Our method, based on a mean-field variational approximation, overcomes the high computational cost of MCMC.
We demonstrate how the proposed method can be used for variable selection on two transcriptomic datasets with censored survival outcomes.
- Score: 3.8761064607384195
- License: http://creativecommons.org/licenses/by/4.0/
- Abstract: We propose a variational Bayesian proportional hazards model for prediction
and variable selection regarding high-dimensional survival data.
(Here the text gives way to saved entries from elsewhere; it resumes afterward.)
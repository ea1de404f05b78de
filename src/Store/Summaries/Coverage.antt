-- ===== src/Store/Summaries/Coverage.antt =====
-- The numbering of the summaries, and the boundary that a restart begins from.
use mutsumi_s_sync.Common.{
  ℕ, ◌+◌, ◌≤◌, ◌<◌, ◌≡◌, refl, subst, ◌⊎◌, inl, inr, Option, none, some, List, [], ◌∷◌, ◌++◌, arith,
  Bool-cases, Option-cases, filter, All, Any, leb,
}
use mutsumi_s_sync.Common.{Text}
use mutsumi_s_sync.Store.Summaries.{
  Summary, Summaries, of_group, max_seq, summary_row, add_summary, covered_or_zero, is_boundary,
  greatest, get_newest_compaction_summary,
}

max_seq-bounds : (rs : List Summary) → All (λ r. r.seq ≤ max_seq rs) rs
unfolding max_seq
max_seq-bounds [] = tt
max_seq-bounds (r ∷ rs) = (ground arith, raised (max_seq rs) rs (max_seq-bounds rs) (ground arith))
  where
    raised :
        (m : ℕ) (xs : List Summary)
        → All (λ x. x.seq ≤ m) xs
        → m ≤ max_seq (r ∷ rs)
        → All (λ x. x.seq ≤ max_seq (r ∷ rs)) xs
    raised m [] h le = tt
    raised m (x ∷ xs) h le = (omega (arith, h.0, le), raised m xs h.1 le)

-- A summary that is added goes to the end of the table, under a number of its group that is above
-- all those the group has.
pub add_summary_lem :
    (now : ℕ) (group_key source summary : Text) (last : ℕ) (kind : Text) (covered : Option ℕ)
    (t : Summaries)
    → let (id, after) = add_summary now group_key source summary last kind covered t in
      (seq : ℕ) × (after.rows
        ≡ t.rows ++ summary_row now group_key source summary last kind covered seq id ∷ [])
      × All (λ r. r.seq < seq) (of_group group_key t)
unfolding add_summary
add_summary_lem now group_key source summary last kind covered t = (
  max_seq (of_group group_key t) + 1,
  refl,
  below (of_group group_key t) (max_seq-bounds (of_group group_key t)),
)
  where
    below :
        (rs : List Summary)
        → All (λ r. r.seq ≤ max_seq (of_group group_key t)) rs
        → All (λ r. r.seq < max_seq (of_group group_key t) + 1) rs
    below [] h = tt
    below (r ∷ rs) h = (omega (arith, h.0), below rs h.1)

-- `top` is one of the rows, and none covers more.
abbrev pub IsGreatest : Summary → List Summary → Type 0
IsGreatest top rs = Any (λ r. r ≡ top) rs × All (λ r. covered_or_zero r ≤ covered_or_zero top) rs

greatest-none : (rs : List Summary) → greatest rs ≡ none → rs ≡ []
unfolding greatest
greatest-none [] h = refl
greatest-none (r ∷ rs) h = absurd (ground arith)

All-raise :
    (low high : Summary) (rs : List Summary)
    → covered_or_zero low ≤ covered_or_zero high
    → All (λ r. covered_or_zero r ≤ covered_or_zero low) rs
    → All (λ r. covered_or_zero r ≤ covered_or_zero high) rs
All-raise low high [] le h = tt
All-raise low high (r ∷ rs) le h = (omega (arith, h.0, le), All-raise low high rs le h.1)

greatest-IsGreatest :
    (rs : List Summary) (top : Summary) → greatest rs ≡ some top → IsGreatest top rs
unfolding greatest
greatest-IsGreatest [] top h = absurd cc
greatest-IsGreatest (r ∷ rs) top h = elim (Option-cases (greatest rs)) [
  | inl e ↦
      let only : rs ≡ [] = greatest-none rs e in
      let same : r ≡ top = ground (arith, e) in rw (only, same) (inl refl, (omega arith, tt))
  | inr (s, e) ↦ elim (Bool-cases (leb (covered_or_zero s) (covered_or_zero r))) [
    | inl le ↦
        let same : r ≡ top = ground (arith, e, le) in
        let bound : covered_or_zero s ≤ covered_or_zero top =
          subst (λ x. covered_or_zero s ≤ covered_or_zero x) same (ground arith) in
        let below = (greatest-IsGreatest rs s e).1 in
        rw same (inl refl, (omega arith, All-raise s top rs bound below))
    | inr gt ↦
        let same : s ≡ top = ground (arith, e, gt) in
        let (member, bound) = greatest-IsGreatest rs top (ground (arith, e, same)) in
        (
          inr member,
          (subst (λ x. covered_or_zero r ≤ covered_or_zero x) same (ground arith), bound),
        )
  ]
]

-- The boundary that a restart begins from is a compaction summary of the group with a boundary, and
-- none of those covers more messages; there is none only if the group has no such summary.
pub get_newest_compaction_summary_lem :
    (group_key : Text) (t : Summaries)
    → ((get_newest_compaction_summary group_key t ≡ none)
        × (filter (is_boundary group_key) t.rows ≡ []))
      ⊎ ((top : Summary) × (get_newest_compaction_summary group_key t ≡ some top)
          × IsGreatest top (filter (is_boundary group_key) t.rows))
unfolding get_newest_compaction_summary
get_newest_compaction_summary_lem group_key t =
    let rows = filter (is_boundary group_key) t.rows in
    elim (Option-cases (greatest rows)) [
      | inl e ↦ inl (e, greatest-none rows e)
      | inr (top, e) ↦ inr (top, e, greatest-IsGreatest rows top e)
    ]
Our method,
based on a mean-field variational approximation, overcomes the high
computational cost of MCMC whilst retaining the useful features, providing
excellent point estimates and offering a natural mechanism for variable
selection via posterior inclusion probabilities. The performance of our
proposed method is assessed via extensive simulations and compared against
other state-of-the-art Bayesian variable selection methods, demonstrating
comparable or better performance. Finally, we demonstrate how the proposed
method can be used for variable selection on two transcriptomic datasets with
censored survival outcomes, where we identify genes with pre-existing
biological interpretations.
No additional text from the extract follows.